- [RECORDED INFORMATION]:
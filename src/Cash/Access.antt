-- ===== src/Cash/Access.antt =====
-- The queries and the writes that the cash services share: common/prisma/employee.util.ts,
-- cashier-shift-ledger.service.ts and the private helpers of the services.
use coffee_shop_be.Prelude.{
  ℕ, suc, Bool, false, ◌&&◌, not, Option, none, some, List, ◌∷◌, ◌==◌, any, if◌then◌else◌, opt_eq,
  leb, ltb, ◌/◌, ◌%◌,
}
use coffee_shop_be.Prelude.Int.{ℤ, pos, negsuc, ◌+ℤ◌, leb_ℤ}
use coffee_shop_be.Prelude.Table.{find, update}
use coffee_shop_be.Prelude.Http.{Result, ok, ◌>>=◌, ◌>>◌, guard, or_throw, unauthorized, conflict}
use coffee_shop_be.Cash.Types.{
  Fund, CashFlow, CashierShift, is_cash, is_open, income, Action, SettingValue, number, other,
  SettingKey, handover_settlement_sla_hours, Db,
}

-- `assertActiveEmployee`: the employee exists, is active and is not deleted.
unfoldable pub assert_active_employee : Db → ℕ → Result (Unit {0})
assert_active_employee db employee_id =
    guard (any (λ e. (e.id == employee_id) && e.is_active && not e.deleted) db.employees)
      unauthorized

unfoldable pub find_fund : Db → ℕ → Option Fund
find_fund db id = find (λ f. f.id) id db.funds

-- `findFirst({ where: { id, deletedAt: null } })`.
unfoldable pub find_active_fund : Db → ℕ → Option Fund
unfolding find_fund
find_active_fund db id = elim (find_fund db id) [
  | none ↦ none
  | some f ↦ if f.deleted then none else some f
]

-- There is an open shift on one of two funds.
unfoldable pub has_open_shift : Db → ℕ → Bool
has_open_shift db fund_id = any (λ s. is_open s.status && opt_eq s.fund_id (some fund_id)) db.shifts

-- `log`: the details of the entry are its subject's id.
unfoldable pub log : Db → ℕ → Action → ℕ → Db
log db employee_id action subject = record db {
  logs = record { employee_id = employee_id; action = action; subject = subject } ∷ db.logs;
}

-- `tx.cashTransaction.create`; the new row's id is `next_id` of the state before.
unfoldable pub create_transaction : Db → CashFlow → ℤ → ℕ → ℕ → Option ℕ → ℕ → Option ℕ → Db
create_transaction db flow amount date fund_id shift_id employee_id invoice_id = record db {
  next_id = suc db.next_id;
  transactions =
      record {
        id = db.next_id;
        flow = flow;
        amount = amount;
        transaction_date = date;
        fund_id = fund_id;
        shift_id = shift_id;
        employee_id = employee_id;
        invoice_id = invoice_id;
      }
      ∷ db.transactions;
}

abbrev pub add_balance : ℤ → Fund → Fund
add_balance amount f = record f { balance = f.balance +ℤ amount }

abbrev pub set_balance : ℤ → Fund → Fund
set_balance amount f = record f { balance = amount }

-- `getSettlementSlaHours`: a whole number of hours from 1 to 720, and 24 otherwise.
abbrev pub sla_hours_of : Option SettingValue → ℕ
sla_hours_of none = 24
sla_hours_of (some other) = 24
sla_hours_of (some (number (negsuc n))) = 24
sla_hours_of (some (number (pos n))) =
    if ((n % 100) == 0) && (ltb 0 n && leb n 72000) then n / 100 else 24

unfoldable pub settlement_sla_hours : Db → ℕ
settlement_sla_hours db = sla_hours_of (db.settings handover_settlement_sla_hours)

-- `getCashControlThreshold`: the setting, if it is a number and not negative, and 0 otherwise.
abbrev pub threshold_of : Option SettingValue → ℤ
threshold_of none = pos 0
threshold_of (some other) = pos 0
threshold_of (some (number v)) = if leb_ℤ (pos 0) v then v else pos 0

unfoldable pub cash_control_threshold : Db → SettingKey → ℤ
cash_control_threshold db key = threshold_of (db.settings key)

-- `OpenCashierShiftContext`.
pub record ShiftContext : Type 0 where
  pub id : ℕ
  pub fund_id : ℕ

abbrev pub first_open_shift : ℕ → List CashierShift → Option CashierShift
first_open_shift employee_id List.[] = none
first_open_shift employee_id (s ∷ shifts) =
    if (s.employee_id == employee_id) && is_open s.status
    then some s
    else first_open_shift employee_id shifts

-- `findOpenShiftId`.
unfoldable pub find_open_shift_id : Db → ℕ → Option ℕ
find_open_shift_id db employee_id = elim (first_open_shift employee_id db.shifts) [
  | none ↦ none
  | some s ↦ some s.id
]

abbrev usable_fund : Option Fund → Bool
usable_fund none = false
usable_fund (some f) = not f.deleted && is_cash f.fund_type

-- `requireOpenShift`.
unfoldable pub require_open_shift : Db → ℕ → Result ShiftContext
unfolding find_fund
require_open_shift db employee_id = do
  shift ← or_throw (first_open_shift employee_id db.shifts) conflict
  fund_id ← or_throw shift.fund_id conflict
  guard (usable_fund (find_fund db fund_id)) conflict
  ok (record { id = shift.id; fund_id = fund_id })

-- `recordCashInvoice`.
unfoldable pub record_cash_invoice : Db → ℕ → ShiftContext → ℕ → ℕ → ℤ → Db
unfolding create_transaction
record_cash_invoice db now shift invoice_id employee_id amount =
    let posted =
      create_transaction db income amount now shift.fund_id (some shift.id) employee_id
        (some invoice_id) in
    record posted { funds = update (λ f. f.id) shift.fund_id (add_balance amount) posted.funds }
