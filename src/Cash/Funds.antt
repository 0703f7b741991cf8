-- ===== src/Cash/Funds.antt =====
-- funds.service.ts: a fund is created with an opening balance, renamed or given another type, and
-- deleted by a mark. Names are normalised by the index `Fund_active_name_unique_idx`
-- (`lower(btrim(name))`), which is a parameter here.
pub mod Guards
use coffee_shop_be.Prelude.{
  ℕ, suc, Bool, true, false, ◌&&◌, ◌||◌, not, Option, none, some, ◌∷◌, ◌==◌, any, contains,
  if◌then◌else◌, opt_eq,
}
use coffee_shop_be.Prelude.Int.{ℤ, pos, eqb_ℤ}
use coffee_shop_be.Prelude.Table.{update}
use coffee_shop_be.Prelude.Http.{
  Result, ok, err, ◌>>=◌, ◌>>◌, guard, throw_if, or_throw, conflict, not_found,
}
use coffee_shop_be.Cash.Types.{
  Fund, FundType, same_type, is_open, is_pending, is_awaiting, fund_created, fund_updated,
  fund_deleted, Db,
}
use coffee_shop_be.Cash.Access.{
  assert_active_employee, find_fund, find_active_fund, has_open_shift, log,
}

-- A handover that awaits its review or its bank, on either side of which the fund stands.
unfoldable pub has_pending_handover : Db → ℕ → Bool
has_pending_handover db id =
    any
      (λ h.
        (is_pending h.status || is_awaiting h.settlement)
        && ((h.source_fund_id == id) || (h.destination_fund_id == id)))
      db.handovers

-- The type that an update asks for, if it is another one.
abbrev pub changes_type : Fund → Option FundType → Bool
changes_type f none = false
changes_type f (some t) = not (same_type t f.fund_type)

abbrev pub or_old : {A : Type 0} → Option A → A → A
or_old none a = a
or_old (some b) a = b

module _ (normalised : ℕ → ℕ) where
  -- Another active fund has the name.
  unfoldable pub name_taken : Db → ℕ → ℕ → Bool
  name_taken db id name =
      any (λ f. not f.deleted && not (f.id == id) && (normalised f.name == normalised name))
        db.funds

  -- `create`
  unfoldable pub create_fund : Db → ℕ → ℕ → FundType → ℤ → Result Db
  unfolding assert_active_employee name_taken log
  create_fund db employee_id name fund_type opening_balance = do
    assert_active_employee db employee_id
    throw_if (name_taken db db.next_id name) conflict
    ok (
        log
          (record db {
            next_id = suc db.next_id;
            funds =
                record {
                  id = db.next_id;
                  name = name;
                  fund_type = fund_type;
                  balance = opening_balance;
                  deleted = false;
                }
                ∷ db.funds;
          })
          employee_id fund_created db.next_id)

  -- `update`: the type stays while statements, pending handovers or an open shift rely on it.
  unfoldable pub update_fund : Db → ℕ → ℕ → Option ℕ → Option FundType → Result Db
  unfolding assert_active_employee find_fund find_active_fund has_pending_handover has_open_shift
      name_taken log
  update_fund db id employee_id name fund_type = do
    assert_active_employee db employee_id
    existing ← or_throw (find_active_fund db id) not_found
    throw_if
        (changes_type existing fund_type
          && (contains id db.imported_funds || has_pending_handover db id || has_open_shift db id))
        conflict
    throw_if (name_taken db id (or_old name existing.name)) conflict
    ok (
        log
          (record db {
            funds =
                update (λ f. f.id) id
                  (λ f. record f {
                    name = or_old name f.name;
                    fund_type = or_old fund_type f.fund_type;
                  })
                  db.funds;
          })
          employee_id fund_updated id)

-- `remove`
unfoldable pub remove_fund : Db → ℕ → ℕ → Result Db
unfolding assert_active_employee find_fund find_active_fund has_pending_handover has_open_shift log
remove_fund db id employee_id = do
  assert_active_employee db employee_id
  fund ← or_throw (find_active_fund db id) not_found
  guard (eqb_ℤ fund.balance (pos 0)) conflict
  throw_if (has_open_shift db id) conflict
  throw_if (has_pending_handover db id) conflict
  ok (
      log (record db { funds = update (λ f. f.id) id (λ f. record f { deleted = true }) db.funds })
        employee_id fund_deleted id)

- [WORK TASK]:
Print exactly the lines above, between the one holding "name = name;" and the one holding "throw_if (has_open_shift db id) conflict", inclusive, and nothing besides.

- [SOLVED EXERCISE]:
                  name = name;
                  fund_type = fund_type;
                  balance = opening_balance;
                  deleted = false;
                }
                ∷ db.funds;
          })
          employee_id fund_created db.next_id)

  -- `update`: the type stays while statements, pending handovers or an open shift rely on it.
  unfoldable pub update_fund : Db → ℕ → ℕ → Option ℕ → Option FundType → Result Db
  unfolding assert_active_employee find_fund find_active_fund has_pending_handover has_open_shift
      name_taken log
  update_fund db id employee_id name fund_type = do
    assert_active_employee db employee_id
    existing ← or_throw (find_active_fund db id) not_found
    throw_if
        (changes_type existing fund_type
          && (contains id db.imported_funds || has_pending_handover db id || has_open_shift db id))
        conflict
    throw_if (name_taken db id (or_old name existing.name)) conflict
    ok (
        log
          (record db {
            funds =
                update (λ f. f.id) id
                  (λ f. record f {
                    name = or_old name f.name;
                    fund_type = or_old fund_type f.fund_type;
                  })
                  db.funds;
          })
          employee_id fund_updated id)

-- `remove`
unfoldable pub remove_fund : Db → ℕ → ℕ → Result Db
unfolding assert_active_employee find_fund find_active_fund has_pending_handover has_open_shift log
remove_fund db id employee_id = do
  assert_active_employee db employee_id
  fund ← or_throw (find_active_fund db id) not_found
  guard (eqb_ℤ fund.balance (pos 0)) conflict
  throw_if (has_open_shift db id) conflict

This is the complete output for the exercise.